(Collection entries)
== Segment start ==

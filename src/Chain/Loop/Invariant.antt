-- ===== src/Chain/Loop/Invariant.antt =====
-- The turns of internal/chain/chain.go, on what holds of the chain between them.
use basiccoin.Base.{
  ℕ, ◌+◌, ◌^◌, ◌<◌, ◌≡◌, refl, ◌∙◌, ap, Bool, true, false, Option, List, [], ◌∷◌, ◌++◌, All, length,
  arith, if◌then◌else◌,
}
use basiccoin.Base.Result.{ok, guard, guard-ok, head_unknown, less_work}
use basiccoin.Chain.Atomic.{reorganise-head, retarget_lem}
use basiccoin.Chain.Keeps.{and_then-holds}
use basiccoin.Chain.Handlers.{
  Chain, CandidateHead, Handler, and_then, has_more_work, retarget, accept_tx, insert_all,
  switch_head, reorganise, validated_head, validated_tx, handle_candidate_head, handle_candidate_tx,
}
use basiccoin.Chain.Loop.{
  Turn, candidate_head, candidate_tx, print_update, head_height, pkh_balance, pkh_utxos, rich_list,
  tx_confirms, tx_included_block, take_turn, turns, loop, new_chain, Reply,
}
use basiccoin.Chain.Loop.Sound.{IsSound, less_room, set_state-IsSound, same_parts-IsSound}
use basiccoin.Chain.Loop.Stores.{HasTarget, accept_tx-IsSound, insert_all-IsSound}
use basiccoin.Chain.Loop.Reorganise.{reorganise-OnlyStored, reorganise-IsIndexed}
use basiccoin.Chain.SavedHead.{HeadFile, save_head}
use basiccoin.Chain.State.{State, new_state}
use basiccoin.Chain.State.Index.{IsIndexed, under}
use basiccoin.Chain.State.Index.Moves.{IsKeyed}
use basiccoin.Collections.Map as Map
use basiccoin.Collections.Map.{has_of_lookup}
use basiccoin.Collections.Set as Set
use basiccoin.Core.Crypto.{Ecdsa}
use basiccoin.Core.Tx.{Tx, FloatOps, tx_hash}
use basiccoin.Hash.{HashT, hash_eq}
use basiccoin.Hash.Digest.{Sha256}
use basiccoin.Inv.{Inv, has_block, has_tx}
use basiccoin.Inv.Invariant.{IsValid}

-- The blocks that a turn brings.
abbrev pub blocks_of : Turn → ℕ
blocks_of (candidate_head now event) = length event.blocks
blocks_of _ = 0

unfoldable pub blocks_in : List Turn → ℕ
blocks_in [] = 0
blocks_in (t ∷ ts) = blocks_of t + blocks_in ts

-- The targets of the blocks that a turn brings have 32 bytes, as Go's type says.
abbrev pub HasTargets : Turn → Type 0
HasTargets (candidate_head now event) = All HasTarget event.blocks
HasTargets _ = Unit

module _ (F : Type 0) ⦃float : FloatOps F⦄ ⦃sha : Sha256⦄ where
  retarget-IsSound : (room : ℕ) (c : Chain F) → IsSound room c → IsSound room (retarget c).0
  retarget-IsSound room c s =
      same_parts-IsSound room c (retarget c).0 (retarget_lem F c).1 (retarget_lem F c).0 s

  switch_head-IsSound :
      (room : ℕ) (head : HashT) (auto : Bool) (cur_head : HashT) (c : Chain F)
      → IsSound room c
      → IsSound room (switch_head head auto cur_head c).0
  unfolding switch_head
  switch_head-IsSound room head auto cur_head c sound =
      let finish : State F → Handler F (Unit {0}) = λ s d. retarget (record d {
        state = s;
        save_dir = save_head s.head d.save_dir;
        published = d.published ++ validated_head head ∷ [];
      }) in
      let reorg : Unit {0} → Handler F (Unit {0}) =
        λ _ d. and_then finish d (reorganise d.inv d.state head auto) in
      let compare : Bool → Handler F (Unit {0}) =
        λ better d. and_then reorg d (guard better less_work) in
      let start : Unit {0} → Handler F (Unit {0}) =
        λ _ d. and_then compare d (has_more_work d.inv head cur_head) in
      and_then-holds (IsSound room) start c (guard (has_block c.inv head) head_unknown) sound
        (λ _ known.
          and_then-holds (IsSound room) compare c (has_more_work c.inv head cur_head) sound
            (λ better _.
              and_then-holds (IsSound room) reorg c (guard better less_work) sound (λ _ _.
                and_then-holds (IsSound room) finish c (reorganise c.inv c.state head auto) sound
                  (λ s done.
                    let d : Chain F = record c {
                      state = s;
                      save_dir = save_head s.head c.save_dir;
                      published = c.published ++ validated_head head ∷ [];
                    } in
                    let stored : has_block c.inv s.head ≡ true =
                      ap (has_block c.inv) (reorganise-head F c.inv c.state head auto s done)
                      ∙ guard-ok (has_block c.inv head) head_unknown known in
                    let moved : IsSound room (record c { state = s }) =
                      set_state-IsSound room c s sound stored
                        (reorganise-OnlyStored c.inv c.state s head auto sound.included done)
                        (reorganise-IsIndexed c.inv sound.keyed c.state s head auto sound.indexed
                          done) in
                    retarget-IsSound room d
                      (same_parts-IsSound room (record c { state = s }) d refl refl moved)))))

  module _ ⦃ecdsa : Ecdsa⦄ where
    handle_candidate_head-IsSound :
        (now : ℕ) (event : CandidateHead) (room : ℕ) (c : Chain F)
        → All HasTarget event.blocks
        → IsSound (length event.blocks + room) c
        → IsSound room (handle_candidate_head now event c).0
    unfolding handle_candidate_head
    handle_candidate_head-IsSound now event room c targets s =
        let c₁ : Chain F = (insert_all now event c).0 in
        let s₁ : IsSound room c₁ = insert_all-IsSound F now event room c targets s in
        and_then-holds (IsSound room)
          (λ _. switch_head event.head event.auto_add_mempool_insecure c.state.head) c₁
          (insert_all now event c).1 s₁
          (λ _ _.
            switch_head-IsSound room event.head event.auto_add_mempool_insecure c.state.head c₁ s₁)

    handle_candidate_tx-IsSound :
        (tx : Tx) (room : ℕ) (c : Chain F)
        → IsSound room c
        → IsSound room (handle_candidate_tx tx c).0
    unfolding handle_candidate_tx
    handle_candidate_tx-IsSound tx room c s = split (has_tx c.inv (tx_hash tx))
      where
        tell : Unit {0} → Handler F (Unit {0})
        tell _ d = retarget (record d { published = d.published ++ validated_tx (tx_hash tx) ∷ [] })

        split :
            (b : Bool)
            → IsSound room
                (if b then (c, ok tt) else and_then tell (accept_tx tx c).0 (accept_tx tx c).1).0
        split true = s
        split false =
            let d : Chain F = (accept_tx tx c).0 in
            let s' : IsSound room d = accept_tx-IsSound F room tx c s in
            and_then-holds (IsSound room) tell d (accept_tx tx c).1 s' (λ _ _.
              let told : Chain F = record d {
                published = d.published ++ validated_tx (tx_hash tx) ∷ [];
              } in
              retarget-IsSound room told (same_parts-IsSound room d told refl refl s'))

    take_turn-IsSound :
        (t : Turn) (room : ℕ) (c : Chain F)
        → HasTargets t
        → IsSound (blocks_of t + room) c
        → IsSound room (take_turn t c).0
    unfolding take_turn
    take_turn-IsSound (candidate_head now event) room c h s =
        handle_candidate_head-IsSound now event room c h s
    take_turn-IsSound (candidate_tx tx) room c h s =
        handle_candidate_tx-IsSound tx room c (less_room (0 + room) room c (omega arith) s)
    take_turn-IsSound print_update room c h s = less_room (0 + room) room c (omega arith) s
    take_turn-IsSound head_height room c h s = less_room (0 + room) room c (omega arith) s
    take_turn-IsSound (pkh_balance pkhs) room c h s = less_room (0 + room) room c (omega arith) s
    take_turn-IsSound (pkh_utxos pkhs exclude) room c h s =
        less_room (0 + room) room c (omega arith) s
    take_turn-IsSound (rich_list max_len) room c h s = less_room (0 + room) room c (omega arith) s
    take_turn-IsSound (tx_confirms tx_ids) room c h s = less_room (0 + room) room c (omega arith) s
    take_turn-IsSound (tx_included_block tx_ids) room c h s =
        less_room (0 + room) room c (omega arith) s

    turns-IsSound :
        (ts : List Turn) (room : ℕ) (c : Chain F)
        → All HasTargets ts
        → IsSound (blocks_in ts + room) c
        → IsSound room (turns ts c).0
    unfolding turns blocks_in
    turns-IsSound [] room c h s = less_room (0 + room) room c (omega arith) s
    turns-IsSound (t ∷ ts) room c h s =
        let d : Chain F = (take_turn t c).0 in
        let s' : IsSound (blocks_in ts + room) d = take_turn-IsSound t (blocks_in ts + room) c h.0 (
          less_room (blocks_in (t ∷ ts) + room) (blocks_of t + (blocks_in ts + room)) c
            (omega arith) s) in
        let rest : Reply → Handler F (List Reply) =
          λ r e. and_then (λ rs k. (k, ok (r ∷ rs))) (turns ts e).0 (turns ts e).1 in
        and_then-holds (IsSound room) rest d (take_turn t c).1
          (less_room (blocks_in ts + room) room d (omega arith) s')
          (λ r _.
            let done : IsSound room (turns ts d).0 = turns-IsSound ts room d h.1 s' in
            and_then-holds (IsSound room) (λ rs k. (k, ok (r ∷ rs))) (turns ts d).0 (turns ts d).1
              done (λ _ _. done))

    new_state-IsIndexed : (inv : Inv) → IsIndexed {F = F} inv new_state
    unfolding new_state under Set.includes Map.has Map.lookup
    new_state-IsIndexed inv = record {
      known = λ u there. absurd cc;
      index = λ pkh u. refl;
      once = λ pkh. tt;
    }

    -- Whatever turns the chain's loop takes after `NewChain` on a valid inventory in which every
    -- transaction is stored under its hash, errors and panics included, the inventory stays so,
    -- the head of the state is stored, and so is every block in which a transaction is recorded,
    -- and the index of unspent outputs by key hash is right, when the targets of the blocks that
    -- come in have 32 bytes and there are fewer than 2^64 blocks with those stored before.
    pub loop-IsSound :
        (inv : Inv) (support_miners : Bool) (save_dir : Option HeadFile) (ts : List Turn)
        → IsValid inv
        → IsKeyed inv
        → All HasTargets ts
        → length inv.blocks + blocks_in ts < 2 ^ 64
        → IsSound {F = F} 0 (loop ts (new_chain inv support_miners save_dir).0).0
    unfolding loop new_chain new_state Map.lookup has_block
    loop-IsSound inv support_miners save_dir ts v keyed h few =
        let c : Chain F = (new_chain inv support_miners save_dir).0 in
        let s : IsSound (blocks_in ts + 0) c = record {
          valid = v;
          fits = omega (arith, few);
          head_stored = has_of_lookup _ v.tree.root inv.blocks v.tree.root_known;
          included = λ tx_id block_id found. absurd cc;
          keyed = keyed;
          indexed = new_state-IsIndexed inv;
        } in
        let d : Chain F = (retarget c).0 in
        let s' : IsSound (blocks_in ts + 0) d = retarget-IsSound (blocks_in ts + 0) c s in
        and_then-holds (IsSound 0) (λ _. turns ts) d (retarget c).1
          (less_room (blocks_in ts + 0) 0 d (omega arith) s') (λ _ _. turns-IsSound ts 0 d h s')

== Segment end ==

Work instruction: Please provide an exact transcription of each line from the one holding "index = λ pkh u. refl;" through the final line of the data above.

Solution below:
      index = λ pkh u. refl;
      once = λ pkh. tt;
    }

    -- Whatever turns the chain's loop takes after `NewChain` on a valid inventory in which every
    -- transaction is stored under its hash, errors and panics included, the inventory stays so,
    -- the head of the state is stored, and so is every block in which a transaction is recorded,
    -- and the index of unspent outputs by key hash is right, when the targets of the blocks that
    -- come in have 32 bytes and there are fewer than 2^64 blocks with those stored before.
    pub loop-IsSound :
        (inv : Inv) (support_miners : Bool) (save_dir : Option HeadFile) (ts : List Turn)
        → IsValid inv
        → IsKeyed inv
        → All HasTargets ts
        → length inv.blocks + blocks_in ts < 2 ^ 64
        → IsSound {F = F} 0 (loop ts (new_chain inv support_miners save_dir).0).0
    unfolding loop new_chain new_state Map.lookup has_block
    loop-IsSound inv support_miners save_dir ts v keyed h few =
        let c : Chain F = (new_chain inv support_miners save_dir).0 in
        let s : IsSound (blocks_in ts + 0) c = record {
          valid = v;
          fits = omega (arith, few);
          head_stored = has_of_lookup _ v.tree.root inv.blocks v.tree.root_known;
          included = λ tx_id block_id found. absurd cc;
          keyed = keyed;
          indexed = new_state-IsIndexed inv;
        } in
        let d : Chain F = (retarget c).0 in
        let s' : IsSound (blocks_in ts + 0) d = retarget-IsSound (blocks_in ts + 0) c s in
        and_then-holds (IsSound 0) (λ _. turns ts) d (retarget c).1
          (less_room (blocks_in ts + 0) 0 d (omega arith) s') (λ _ _. turns-IsSound ts 0 d h s')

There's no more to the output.